A novel lift-off diameter model for boiling bubbles in natural gas liquids transmission pipelines

Abstract

The pipeline is a convenient and safe way to transport natural gas liquids (NGLs). However, the NGL is easy to boil due to the variations of pressures and temperatures along the pipeline. The bubble lift-off diameter is an essential parameter to calculate the mass and heat transfer rates between vapor and liquid phases for the NGL two-phase saturated boiling flow. This paper proposed a novel bubble lift-off diameter model based on the force-balance principle of bubbles, which considers the effects of the pressure, shear lift force, unstable drag force, surface tension, gravity force, buoyancy force, gas-phase density, bubble volume, bubble flow velocity, and bubble growth time on the bubble’s lift-off diameters at various pipe inclination angles.

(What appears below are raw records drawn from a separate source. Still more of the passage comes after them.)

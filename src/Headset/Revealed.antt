-- ===== src/Headset/Revealed.antt =====
-- What the motions of the head reveal.
use pose_bridge.Prelude.{
  ◌≡◌, refl, ap, ◌∙◌, arith, inl, inr, Bool, true, false, ◌&&◌, ◌||◌, Bool-cases, some,
  if◌then◌else◌,
}
use pose_bridge.Prelude.Int.{ℤ, nat_abs, ◌+ℤ◌, ◌-ℤ◌, ◌*ℤ◌}
use pose_bridge.Model.{Result, is_ok}
use pose_bridge.Model
use pose_bridge.Pose.Mounting.{Mounting, validate, is_invalid, is_no_axis, determinant, entry}
use pose_bridge.Pose.Mounting.Rotation.{all_axes, all_axes_lem, same}
use pose_bridge.Coverage.{unit, cross, proper}
use pose_bridge.Headset.{
  Motion, nod, shake, tilt, Observation, Limits, usable, Calibration, observe, sensor_axis, negated,
  resolve, resolve_axes, Resolution, err, ok, with_found, clear_motion,
}

abbrev is_resolved : Resolution → Bool
is_resolved (ok m) = true
is_resolved (err e) = false

unfoldable agrees : ℤ → ℤ → ℤ → Bool
agrees a b c =
    let m : Mounting = record { right = a; forward = b; up = c } in
    same (is_ok (validate m)) (is_resolved (resolve_axes m)) && same (is_ok (validate m)) (proper m)

all_agree : all_axes (λ a. all_axes (λ b. all_axes (λ c. agrees a b c))) ≡ true
unfolding all_axes agrees validate is_invalid determinant entry ◌+ℤ◌ ◌-ℤ◌ ◌*ℤ◌ resolve_axes proper
    cross unit
all_agree = refl

agrees_lem :
    (m : Mounting)
    → is_no_axis (nat_abs m.right) ≡ false
    → is_no_axis (nat_abs m.forward) ≡ false
    → is_no_axis (nat_abs m.up) ≡ false
    → agrees m.right m.forward m.up ≡ true
agrees_lem m h k l =
    all_axes_lem (λ c. agrees m.right m.forward c) m.up
      (all_axes_lem (λ b. all_axes (λ c. agrees m.right b c)) m.forward
        (all_axes_lem (λ a. all_axes (λ b. all_axes (λ c. agrees a b c))) m.right all_agree h) k)
      l

-- Out of range, nothing is accepted.
none_accept :
    (m : Mounting)
    → (is_no_axis (nat_abs m.right)
        || (is_no_axis (nat_abs m.forward) || is_no_axis (nat_abs m.up)))
      ≡ true
    → (is_ok (validate m) ≡ false) × (is_resolved (resolve_axes m) ≡ false) × (proper m ≡ false)
unfolding validate is_invalid resolve_axes proper
none_accept m h = (ground arith, ground arith, ground arith)

same-eq : (a b : Bool) → same a b ≡ true → a ≡ b
same-eq a b h = ground arith

axes_agree :
    (m : Mounting)
    → (is_resolved (resolve_axes m) ≡ is_ok (validate m)) × (proper m ≡ is_ok (validate m))
unfolding agrees
axes_agree m =
    elim (Bool-cases (
      is_no_axis (nat_abs m.right)
      || (is_no_axis (nat_abs m.forward) || is_no_axis (nat_abs m.up)))) [
        | inl h ↦ ground (arith, none_accept m h)
        | inr h ↦ ground (arith, agrees_lem m)
      ]

-- The check of the client before a magnetic session and the validation of the core accept the same
-- mountings.
pub proper-validate : (m : Mounting) → proper m ≡ is_ok (validate m)
proper-validate m = (axes_agree m).1

resolved_as : (m : Mounting) → is_resolved (resolve_axes m) ≡ true → resolve_axes m ≡ ok m
unfolding resolve_axes
resolved_as m h = ground arith

module _ {F : Type 0} (limits : Limits F) where
  -- A usable turn under the mounting `m`, about the sensor axis `axis`.
  pub record Shows (m : Mounting) (axis : ℤ) (o : Observation F) : Type 0 where
    pub is_usable : usable limits o ≡ true
    pub shows_axis :
        (if o.positive then sensor_axis m o.axis else negated (sensor_axis m o.axis)) ≡ axis

  observe_shown :
      (c : Calibration) (m : Mounting) (motion : Motion) (o : Observation F) (axis : ℤ)
      → Shows m axis o
      → (observe limits c m motion o).0 ≡ with_found (clear_motion c motion) motion (some axis)
  unfolding observe
  observe_shown c m motion o axis h =
      rw h.is_usable (ap (λ x. with_found (clear_motion c motion) motion (some x)) h.shows_axis)

  valid-resolve_axes : (t : Mounting) → validate t ≡ Model.ok tt → resolve_axes t ≡ ok t
  valid-resolve_axes t v = resolved_as t ((axes_agree t).0 ∙ ap is_ok v)

  -- Whatever was found before: when a nod, a shake and a tilt are each a usable turn about the sensor
  -- axis that a valid mounting has there, the mounting in use being any, the calibration resolves
  -- to that valid mounting.
  pub observe-resolve :
      (c : Calibration) (m t : Mounting) (n s l : Observation F)
      → validate t ≡ Model.ok tt
      → Shows m t.right n
      → Shows m t.up s
      → Shows m t.forward l
      → resolve
          (observe limits (observe limits (observe limits c m nod n).0 m shake s).0 m tilt l).0
        ≡ ok t
  unfolding resolve clear_motion
  observe-resolve c m t n s l v hn hs hl =
      let first = observe_shown c m nod n t.right hn in
      let second = observe_shown (observe limits c m nod n).0 m shake s t.up hs in
      let third =
        observe_shown (observe limits (observe limits c m nod n).0 m shake s).0 m tilt l t.forward
          hl in
      ap resolve (
        third
        ∙ ap (λ x. with_found (clear_motion x tilt) tilt (some t.forward))
            (second ∙ ap (λ x. with_found (clear_motion x shake) shake (some t.up)) first))
      ∙ valid-resolve_axes t v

A total of 136 experimental data points are applied to validate the new model. Results demonstrate that the average relative deviation (ARD) between the experimental bubble’s lift-off diameters and calculated values based on the new model is in the range from 5.75% to 29.95%. In contrast, for horizontal and vertical pipes, the minimum ARDs of seven existing models (Fritz, Kocamustaf, Zeng, Lee, Situ, Hamzekhani, Chen models) are in the range from 19.42% to 42.58%, respectively. Moreover, the in-depth force analysis results reveal that the shear lift force, buoyancy force, drag force and surface tension force are dominant factors affecting the bubble lift-off diameters in inclined pipes. The new model provides an effective method to calculate the bubble lift-off diameter in the pipe at various inclination angles, overcoming the deficiencies of most existing models that only can be applied to either horizontal or vertical pipes.